World Allergy Week 2026 kembali menyoroti pentingnya edukasi tentang alergi dan sensitivitas terhadap susu sapi pada anak. Peringatan yang berlangsung pada 21–27 Juni ini menekankan bahwa kondisi tersebut tidak otomatis menghambat tumbuh kembang anak, selama orang tua memahami kebutuhan nutrisi dan memilih dukungan yang sesuai.
Kekhawatiran orang tua kerap muncul karena alergi susu sapi dianggap bisa membatasi asupan gizi harian anak. Namun, pesan utama dari momentum ini justru mengajak keluarga melihat bahwa anak tetap dapat tumbuh sehat, aktif, dan berprestasi dengan penanganan yang tepat.
Fokus pada pemahaman orang tua
Di tengah peringatan World Allergy Week 2026, edukasi menjadi poin penting yang terus ditekankan. Orang tua didorong untuk tidak hanya memahami gejala atau batasan makanan, tetapi juga melihat solusi nutrisi yang bisa mendukung aktivitas dan perkembangan anak.
Senior Brand Manager Morinaga IFFO & Specialties, Fitria Dewi Astari, menegaskan perlunya perubahan cara pandang dalam menghadapi sensitivitas susu sapi. Ia menyebut bahwa kondisi tersebut bukan akhir dari harapan anak untuk berkembang, melainkan awal dari perjalanan baru yang tetap bisa penuh prestasi.
“Dalam rangka memperingati World Allergy Week 2026, kami ingin mengubah sudut pandang para orang tua. Sensitivitas terhadap susu sapi bukan lagi penghalang, melainkan awal dari perjalanan baru yang penuh prestasi,” kata Fitria.
Ia juga menekankan semangat “Soyakinbisa” sebagai pesan optimisme bagi keluarga. Menurut dia, nutrisi berbasis soya yang tepat dan berkualitas dapat membantu anak tetap memiliki energi untuk tumbuh optimal dan mengejar mimpi mereka.
Nutrisi dan aktivitas fisik berjalan beriringan
Selain soal asupan, edukasi dalam kampanye ini juga menyoroti pentingnya aktivitas fisik. Pendekatan yang dibangun tidak berhenti pada pemilihan makanan, tetapi juga mendorong anak lebih aktif bergerak sejak dini agar tumbuh kembangnya lebih seimbang.
Morinaga Soya memperkenalkan gerakan #Soyamove sebagai bagian dari kampanye World Allergy Week 2026. Aktivitas sederhana ini dikemas melalui media sosial bersama kreator Luthfi Hinelo dan mengajak anak serta orang tua bergerak saat menikmati susu berbasis soya.

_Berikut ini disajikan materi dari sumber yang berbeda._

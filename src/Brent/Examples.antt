-- ===== src/Brent/Examples.antt =====
-- A search on the line x -> (x - 2)^2, in thousandths.
use potfit.Base.{◌≡◌, refl, ok}
use potfit.Base.Int.{pos, negsuc, ◌+ℤ◌, ◌-ℤ◌}
use potfit.Base.Double.{Milli, milli_double, ◌⊖◌, ◌⊕◌, ◌⊗◌}
use potfit.Base.Milli.{milli_transitive}
use potfit.Bracket.Buffers.{Buffer, write}
use potfit.Bracket.Tracking.{IsAt}
use potfit.Brent.{Minimum, brent}
use potfit.Brent.Tracking.{IsLowered, brent-IsLowered}

abbrev valley : Milli → Milli × Milli
valley x = let y = x ⊖ pos 2000 in (y ⊗ y, y ⊕ y)

abbrev buffers : Buffer → Milli
buffers _ = negsuc 1999

abbrev lowest : Minimum Milli Milli
lowest = record {
  f_z = pos 0;
  xmin = pos 2002;
  xmin2 = pos 1802;
  fxmin = pos 4;
  fxmin2 = negsuc 395;
}

searched : brent valley (pos 100) (pos 0) (pos 1000) (pos 5000) (pos 1000) buffers ≡ ok lowest
unfolding brent write ◌+ℤ◌ ◌-ℤ◌
searched = refl

IsAt-middle : IsAt valley (pos 1000) (pos 1000) (negsuc 1999)
unfolding ◌-ℤ◌ ◌+ℤ◌
IsAt-middle = (refl, refl)

brent-IsLowered_example : IsLowered milli_transitive valley (pos 100) (pos 1000) lowest
brent-IsLowered_example =
    brent-IsLowered milli_transitive valley (pos 100) (pos 0) (pos 1000) (pos 5000) (pos 1000)
      buffers lowest IsAt-middle searched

Konsepnya dibuat ringan dan menyenangkan agar keluarga bisa membangun kebiasaan aktif di rumah. Dengan cara ini, momen minum susu tidak hanya berkaitan dengan nutrisi, tetapi juga menjadi bagian dari interaksi yang lebih hidup antara orang tua dan anak.

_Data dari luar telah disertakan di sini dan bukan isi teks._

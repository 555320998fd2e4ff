-- ===== src/Build.antt =====
-- The preprocessor flags of a potfit binary (src/Makefile, src/wscript): one Boolean for each macro
-- that the modelled code tests with `#if defined(...)`.
use potfit.Base.{Bool, true, false, ◌||◌}

pub record Build : Type 0 where
  pub apot : Bool
  pub pair : Bool
  pub eam : Bool
  pub tbeam : Bool
  pub adp : Bool
  pub meam : Bool
  pub ang : Bool
  pub stiweb : Bool
  pub tersoff : Bool
  pub tersoffmod : Bool
  pub coulomb : Bool
  pub dipole : Bool
  pub stress : Bool
  pub kim : Bool
  pub evo : Bool
  pub bindist : Bool

-- `defined(EAM) || defined(ADP) || defined(MEAM)`
abbrev pub embedded : Build → Bool
embedded b = b.eam || b.adp || b.meam

-- A binary for tabulated pair potentials, with nothing else switched on.
abbrev pub plain : Build
plain = record {
  apot = false;
  pair = true;
  eam = false;
  tbeam = false;
  adp = false;
  meam = false;
  ang = false;
  stiweb = false;
  tersoff = false;
  tersoffmod = false;
  coulomb = false;
  dipole = false;
  stress = false;
  kim = false;
  evo = false;
  bindist = false;
}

Soyalympic 2026 dorong ketangkasan dan percaya diri
Rangkaian kampanye ini juga terhubung dengan Soyalympic 2026, sebuah kompetisi yang dirancang untuk menggabungkan aktivitas fisik dan stimulasi kemampuan berpikir melalui Brain Gym. Program ini bertujuan melatih koordinasi tubuh, fokus, konsentrasi, dan kepercayaan diri anak dalam suasana kompetitif yang tetap menyenangkan.
Penyelenggaraan Soyalympic diperluas ke 10 kota di Indonesia sebagai upaya menjangkau lebih banyak keluarga. Fitria menyebut perluasan ini sebagai bentuk komitmen untuk menghadirkan manfaat yang lebih luas bagi anak-anak dan orang tua di berbagai daerah.

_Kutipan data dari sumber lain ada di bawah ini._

-- ===== src/Chempot.antt =====
-- chempot.c: the sort of the composition nodes and the chemical potentials. The
-- four arrays that `swap_chem_pot` changes together are one list of rows.
pub mod Sorting
mod Examples
use potfit.Base.{
  ℕ, zero, suc, ◌+◌, ◌-◌, Bool, true, false, ◌||◌, List, [], ◌∷◌, Option, none, some, if◌then◌else◌,
  ◌==◌, get_or, length, ltb,
}
use potfit.Base.Double.{Double, gt, zero_double, ◌⊕◌, ◌⊖◌, ◌⊗◌, ◌⊘◌}

-- `compnodelist[i]`, and the entries of `values`, `pmin` and `pmax` at `ntypes + i`.
pub record Row (W : Type 0) : Type 0 where
  pub node : W
  pub value : W
  pub pmin : W
  pub pmax : W

-- A bound for the passes: the number of pairs of `n` rows.
pub pairs : ℕ → ℕ
pairs zero = 0
pairs (suc n) = n + pairs n

module _ {W : Type 0} ⦃d : Double W⦄ where
  -- The `for` loop from row `a` on, with `swapped`. The exchange puts `a` behind the next row.
  pub pass_from : Row W → List (Row W) → List (Row W) × Bool
  pass_from a [] = (a ∷ [], false)
  pass_from a (b ∷ rows) = elim (gt a.node b.node) [
    | true ↦ (b ∷ (pass_from a rows).0, true)
    | false ↦ (a ∷ (pass_from b rows).0, (pass_from b rows).1)
  ]

  pub pass : List (Row W) → List (Row W) × Bool
  unfolding pass_from
  pass [] = ([], false)
  pass (a ∷ rows) = pass_from a rows

  -- The `do` loop.
  pub passes : ℕ → List (Row W) → Option (List (Row W))
  unfolding pass
  passes zero rows = none
  passes (suc fuel) rows = elim ((pass rows).1) [
    | true ↦ passes fuel (pass rows).0
    | false ↦ some (pass rows).0
  ]

  pub sort_chem_pot_2d : List (Row W) → Option (List (Row W))
  unfolding passes pairs
  sort_chem_pot_2d [] = some []
  sort_chem_pot_2d (a ∷ rows) = passes (suc (pairs (length (a ∷ rows)))) (a ∷ rows)

  -- The `while` loop: the first node that is not below `nfrac`, or the number of nodes.
  pub search : W → List W → ℕ
  search nfrac [] = 0
  search nfrac (node ∷ nodes) = elim (gt nfrac node) [ true ↦ suc (search nfrac nodes) | false ↦ 0 ]

  abbrev between : (nfrac xl xr yl yr ntot : W) → W
  between nfrac xl xr yl yr ntot = (yl ⊕ (nfrac ⊖ xl) ⊗ (yr ⊖ yl) ⊘ (xr ⊖ xl)) ⊗ ntot

  abbrev at : List W → ℕ → W
  at values i = get_or values i zero_double

  -- For numbers of atoms of the two types, with `i` the node that the search found.
  abbrev interpolated : (ntypes : ℕ) → (nodes values : List W) → (nfrac ntot : W) → (i : ℕ) → W
  interpolated ntypes nodes values nfrac ntot i =
      if i == 0
      then between nfrac zero_double (at nodes 0) (at values 0) (at values 2) ntot
      else if i == length nodes
      then between nfrac (at nodes (length nodes - 1)) (d.lit 1 1)
          (at values (ntypes + length nodes - 1)) (at values 1) ntot
      else between nfrac (at nodes (i - 1)) (at nodes i) (at values (ntypes + i - 2))
          (at values (ntypes + i - 1)) ntot

  -- For the numbers of atoms of each type.
  pub chemical_potential_2d :
      (ntypes : ℕ) (nodes : List W) (positions : List ℕ) (values : List W) → W
  unfolding search
  chemical_potential_2d ntypes nodes positions values =
      let first = get_or positions 0 0 in
      let second = get_or positions 1 0 in
      let nfrac = d.lit second 1 ⊘ d.lit (first + second) 1 in
      if d.eq nfrac zero_double || d.eq nfrac (d.lit 1 1) || length nodes == 0
      then d.lit first 1 ⊗ at values 0 ⊕ d.lit second 1 ⊗ at values 1
      else interpolated ntypes nodes values nfrac (d.lit (first + second) 1) (search nfrac nodes)

  pub chemical_potential_1d : List ℕ → List W → W
  chemical_potential_1d positions values = d.lit (get_or positions 0 0) 1 ⊗ at values 0

  -- The loop with `left` types to come, from type `i` on.
  pub sum_from : List ℕ → List W → (left i : ℕ) → W → W
  sum_from positions values zero i temp = temp
  sum_from positions values (suc left) i temp =
      sum_from positions values left (i + 1) (temp ⊕ d.lit (get_or positions i 0) 1 ⊗ at values i)

  pub chemical_potential_multidim : List ℕ → List W → ℕ → W
  unfolding sum_from
  chemical_potential_multidim positions values dim = sum_from positions values dim 0 zero_double

  pub chemical_potential :
      (ntypes : ℕ) (nodes : List W) (dimension : ℕ) (positions : List ℕ) (values : List W) → W
  unfolding chemical_potential_1d chemical_potential_2d chemical_potential_multidim
  chemical_potential ntypes nodes dimension positions values =
      if dimension == 1
      then chemical_potential_1d positions values
      else if dimension == 2
      then chemical_potential_2d ntypes nodes positions values
      else if ltb 2 dimension
      then chemical_potential_multidim positions values dimension
      else zero_double

  pub init_chemical_potential : ℕ → List (Row W) → Option (List (Row W))
  unfolding sort_chem_pot_2d
  init_chemical_potential dim rows = if dim == 2 then sort_chem_pot_2d rows else some rows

“Ekspansi Soyalympic ke 10 kota tahun ini adalah wujud komitmen nyata kami untuk merangkul lebih banyak keluarga di Indonesia. Kami tidak hanya mengasah ketangkasan fisik anak melalui kompetisi, tetapi juga merangsang fokus dan konsentrasi mereka lewat Brain Gym,” ujarnya.
Program ini juga disertai apresiasi berupa tabungan pendidikan. Dukungan tersebut diarahkan untuk memberi kontribusi yang lebih berkelanjutan agar anak dapat terus mengejar cita-cita mereka.
World Allergy Week 2026 akhirnya menjadi pengingat bahwa alergi susu sapi bukan alasan untuk membatasi masa depan anak. Dengan pemahaman yang tepat, pilihan nutrisi yang sesuai, dan kebiasaan hidup aktif, anak tetap bisa belajar, bermain, dan berkembang sesuai potensinya.